_Prompt:_ Using the listing below, report all lines holding the word "then".

_Given records:_
***

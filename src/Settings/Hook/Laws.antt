-- ===== src/Settings/Hook/Laws.antt =====
-- useSensorSettings.ts: a static demo never reaches the hardware; what is edited is what is sent, and
-- what the backend answers is what is shown.
use sih.Prelude.{
  ◌≡◌, refl, sym, ap, ◌∙◌, ◌⊎◌, inl, inr, String, Bool, true, false, List, [], ◌∷◌, ◌++◌, map,
  Option, none, some, if◌then◌else◌, find, any, ◌===◌, eq_iff, eq_refl, arith, Bool-cases,
  Option-cases, is_some,
}
use sih.Prelude.Runtime.{Runtime}
use sih.State.World.{RangeReading}
use sih.Settings.Sensors.{SensorSettingsState, SensorDisplaySetting, setting_for_reading}
use sih.Settings.Hook.{
  loading, local_only, saved, Reply, fulfilled, rejected, save_waits, Request, put_setting, Hook,
  Event, Outcome, loaded, update_sensor, save_sensor, zero_imu_now, save_answered, zero_answered,
  unmount, first_render, with_sensor, load_settles, start_save, save_settles, start_zero, step, run,
}

module _ (js : Runtime) where
  -- A page that has asked for nothing and has not failed.
  record IsLocal (h : Hook js) : Type 0 where
    idle : h.waiting ≡ []
    state : (h.connection ≡ loading) ⊎ (h.connection ≡ local_only)

  record StaysLocal (o : Outcome js) : Type 0 where
    page : IsLocal o.0
    silent : o.1 ≡ []

  load-IsLocal :
      (reply : Reply (SensorSettingsState js)) (h : Hook js)
      → IsLocal h
      → IsLocal (load_settles js true reply h)
  unfolding load_settles
  load-IsLocal (fulfilled s) h l = elim (Bool-cases h.disposed) [
    | inl e ↦ rw (e, load_settles) record { idle = l.idle; state = l.state }
    | inr e ↦ rw (e, load_settles) record { idle = l.idle; state = inr refl }
  ]
  load-IsLocal (rejected reason) h l = elim (Bool-cases h.disposed) [
    | inl e ↦ rw (e, load_settles) record { idle = l.idle; state = l.state }
    | inr e ↦ rw (e, load_settles) record { idle = l.idle; state = inr refl }
  ]

  save-StaysLocal : (id : String) (h : Hook js) → IsLocal h → StaysLocal (start_save js true id h)
  unfolding start_save
  save-StaysLocal id h l = elim (Option-cases (find (λ s. s.sensor_id === id) h.settings.sensors)) [
    | inl e ↦ rw (e, start_save) record { page = l; silent = refl }
    | inr (s, e) ↦
        rw (e, start_save)
          record { page = record { idle = l.idle; state = inr refl }; silent = refl }
  ]

  step-StaysLocal : (e : Event js) (h : Hook js) → IsLocal h → StaysLocal (step js true e h)
  unfolding step
  step-StaysLocal (loaded reply) h l = record { page = load-IsLocal reply h l; silent = refl }
  step-StaysLocal (update_sensor id s) h l = record {
    page = record { idle = l.idle; state = l.state };
    silent = refl;
  }
  step-StaysLocal (save_sensor id) h l = save-StaysLocal id h l
  step-StaysLocal zero_imu_now h l =
      unfold start_zero in
      record { page = record { idle = l.idle; state = l.state }; silent = refl }
  step-StaysLocal (save_answered i reply) h l =
      rw (l.idle, step) record { page = record { idle = l.idle; state = l.state }; silent = refl }
  step-StaysLocal (zero_answered i reply) h l =
      rw (l.idle, step) record { page = record { idle = l.idle; state = l.state }; silent = refl }
  step-StaysLocal unmount h l = record {
    page = record { idle = l.idle; state = l.state };
    silent = refl;
  }

  run-StaysLocal : (es : List (Event js)) (h : Hook js) → IsLocal h → StaysLocal (run js true es h)
  unfolding run
  run-StaysLocal [] h l = record { page = l; silent = refl }
  run-StaysLocal (e ∷ es) h l =
      let one = step-StaysLocal e h l in
      let rest = run-StaysLocal es (step js true e h).0 one.page in
      record {
        page = rest.page;
        silent =
            ap (λ (q : List (Request js)). q ++ (run js true es (step js true e h).0).1) one.silent
            ∙ rest.silent;
      }

  -- On a static demo no sequence of calls and answers makes the settings page send a request after
  -- its first load, and it never says that settings are saved or failed.
  pub run_demo_silent :
      (es : List (Event js))
      → let o = run js true es (first_render js) in
        (o.1 ≡ []) × ((o.0.connection ≡ loading) ⊎ (o.0.connection ≡ local_only))
  unfolding first_render
  run_demo_silent es =
      let s = run-StaysLocal es (first_render js) (record { idle = refl; state = inl refl }) in
      (s.silent, s.page.state)

  abbrev is_of : String → SensorDisplaySetting js → Bool
  is_of id s = s.sensor_id === id

  abbrev found : String → SensorSettingsState js → Option (SensorDisplaySetting js)
  found id settings = find (is_of id) settings.sensors

  -- The setting that is put is found under its id, and the others as before.
  find-replaced :
      (k id : String) (s : SensorDisplaySetting js) (xs : List (SensorDisplaySetting js))
      → s.sensor_id ≡ id
      → find (is_of k) (map (λ x. if x.sensor_id === id then s else x) xs)
        ≡ (if id === k then (if any (is_of id) xs then some s else none) else find (is_of k) xs)
  unfolding find any
  find-replaced k id s [] own = ground arith
  find-replaced k id s (x ∷ xs) own =
      let later = find-replaced k id s xs own in
      let same : (s.sensor_id === k) ≡ (id === k) = ap (λ t. t === k) own in
      elim (Bool-cases (x.sensor_id === id)) [
        | inl e ↦
            let swap : (x.sensor_id === k) ≡ (id === k) =
              ap (λ t. t === k) ((eq_iff x.sensor_id id).0 e) in
            rw e (ground (arith, same, swap, later))
        | inr e ↦ elim (Bool-cases (id === k)) [
          | inl f ↦
              let swap : (x.sensor_id === k) ≡ (x.sensor_id === id) =
                ap (λ t. x.sensor_id === t) (sym ((eq_iff id k).0 f)) in
              rw e (ground (arith, swap, later))
          | inr f ↦ rw e (ground (arith, later))
        ]
      ]

  find-with_sensor_own :
      (id : String) (s : SensorDisplaySetting js) (settings : SensorSettingsState js)
      → s.sensor_id ≡ id
      → any (is_of id) settings.sensors ≡ true
      → found id (with_sensor js id s settings) ≡ some s
  unfolding with_sensor
  find-with_sensor_own id s settings own here =
      let self : (id === id) ≡ true = eq_refl id in
      find-replaced id id s settings.sensors own ∙ rw (self, here) refl

  find-with_sensor_other :
      (k id : String) (s : SensorDisplaySetting js) (settings : SensorSettingsState js)
      → s.sensor_id ≡ id
      → (id === k) ≡ false
      → found k (with_sensor js id s settings) ≡ found k settings
  unfolding with_sensor
  find-with_sensor_other k id s settings own other =
      find-replaced k id s settings.sensors own ∙ rw other refl

  any-find :
      (id : String) (xs : List (SensorDisplaySetting js)) {s : SensorDisplaySetting js}
      → find (is_of id) xs ≡ some s
      → any (is_of id) xs ≡ true
  unfolding find any
  any-find id [] e = absurd (cc)
  any-find id (x ∷ xs) e = elim (Bool-cases (is_of id x)) [
    | inl f ↦ rw f refl
    | inr f ↦ rw f (any-find id xs (rw f at e))
  ]

  any-is_some :
      (id : String) (xs : List (SensorDisplaySetting js))
      → is_some (find (is_of id) xs) ≡ true
      → any (is_of id) xs ≡ true
  any-is_some id xs h = elim (Option-cases (find (is_of id) xs)) [
    | inl e ↦ absurd (cc)
    | inr (s, e) ↦ any-find id xs e
  ]

  -- An edit of a sensor, its save, and the answer.
  abbrev pub saving : String → SensorDisplaySetting js → SensorDisplaySetting js → List (Event js)
  saving id edited answer =
      update_sensor id edited ∷ save_sensor id ∷ save_answered 0 (fulfilled answer) ∷ []

  start_save_lem :
      (id : String) (h : Hook js) {s : SensorDisplaySetting js}
      → found id h.settings ≡ some s
      → start_save js false id h ≡ (
        record h {
          message = some "Saving display settings...";
          waiting = h.waiting ++ (save_waits id ∷ []);
        },
        put_setting s ∷ [],
      )
  unfolding start_save
  start_save_lem id h e = rw (e, start_save) refl

  -- The hook after the three steps, and what it asked for.
  saving_lem :
      (h : Hook js) (id : String) (edited answer : SensorDisplaySetting js)
      → h.waiting ≡ []
      → found id (with_sensor js id edited h.settings) ≡ some edited
      → let o = run js false (saving id edited answer) h in
        (o.1 ≡ put_setting edited ∷ [])
        × (o.0.settings ≡ with_sensor js id answer (with_sensor js id edited h.settings))
        × (o.0.connection ≡ saved)
  unfolding run step save_settles
  saving_lem h id edited answer idle e =
      rw (start_save_lem id (record h { settings = with_sensor js id edited h.settings }) e, idle)
        (refl, refl, refl)

  -- Where nothing is asked for yet: after an edit of a known sensor, its save and the answer, the
  -- edited setting is the one that was sent, the answered one is found for the sensor's readings,
  -- the page says that it is saved, and other sensors' readings find the settings that they found
  -- before.
  pub saving_shows :
      (h : Hook js) (edited answer : SensorDisplaySetting js) (reading : RangeReading js)
      → h.waiting ≡ []
      → is_some (setting_for_reading js h.settings.sensors reading) ≡ true
      → edited.sensor_id ≡ reading.sensor_id
      → answer.sensor_id ≡ reading.sensor_id
      → let o = run js false (saving reading.sensor_id edited answer) h in
        (o.1 ≡ put_setting edited ∷ [])
        × (setting_for_reading js o.0.settings.sensors reading ≡ some answer)
        × (o.0.connection ≡ saved)
        × ((other : RangeReading js)
            → (reading.sensor_id === other.sensor_id) ≡ false
            → setting_for_reading js o.0.settings.sensors other
              ≡ setting_for_reading js h.settings.sensors other)
  unfolding setting_for_reading
  saving_shows h edited answer reading idle held own own' =
      let id = reading.sensor_id in
      let once = with_sensor js id edited h.settings in
      let here : any (is_of id) h.settings.sensors ≡ true =
        any-is_some id h.settings.sensors held in
      let e : found id once ≡ some edited = find-with_sensor_own id edited h.settings own here in
      let (asked, settings, state) = saving_lem h id edited answer idle e in
      (
        asked,
        ap (found id) settings
            ∙ find-with_sensor_own id answer once own' (any-find id once.sensors e),
        state,
        λ other apart.
            ap (found other.sensor_id) settings
            ∙ find-with_sensor_other other.sensor_id id answer once own' apart
            ∙ find-with_sensor_other other.sensor_id id edited h.settings own apart,
      )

***

_Result for this exercise:_
  Option, none, some, if◌then◌else◌, find, any, ◌===◌, eq_iff, eq_refl, arith, Bool-cases,
      → find (is_of k) (map (λ x. if x.sensor_id === id then s else x) xs)
        ≡ (if id === k then (if any (is_of id) xs then some s else none) else find (is_of k) xs)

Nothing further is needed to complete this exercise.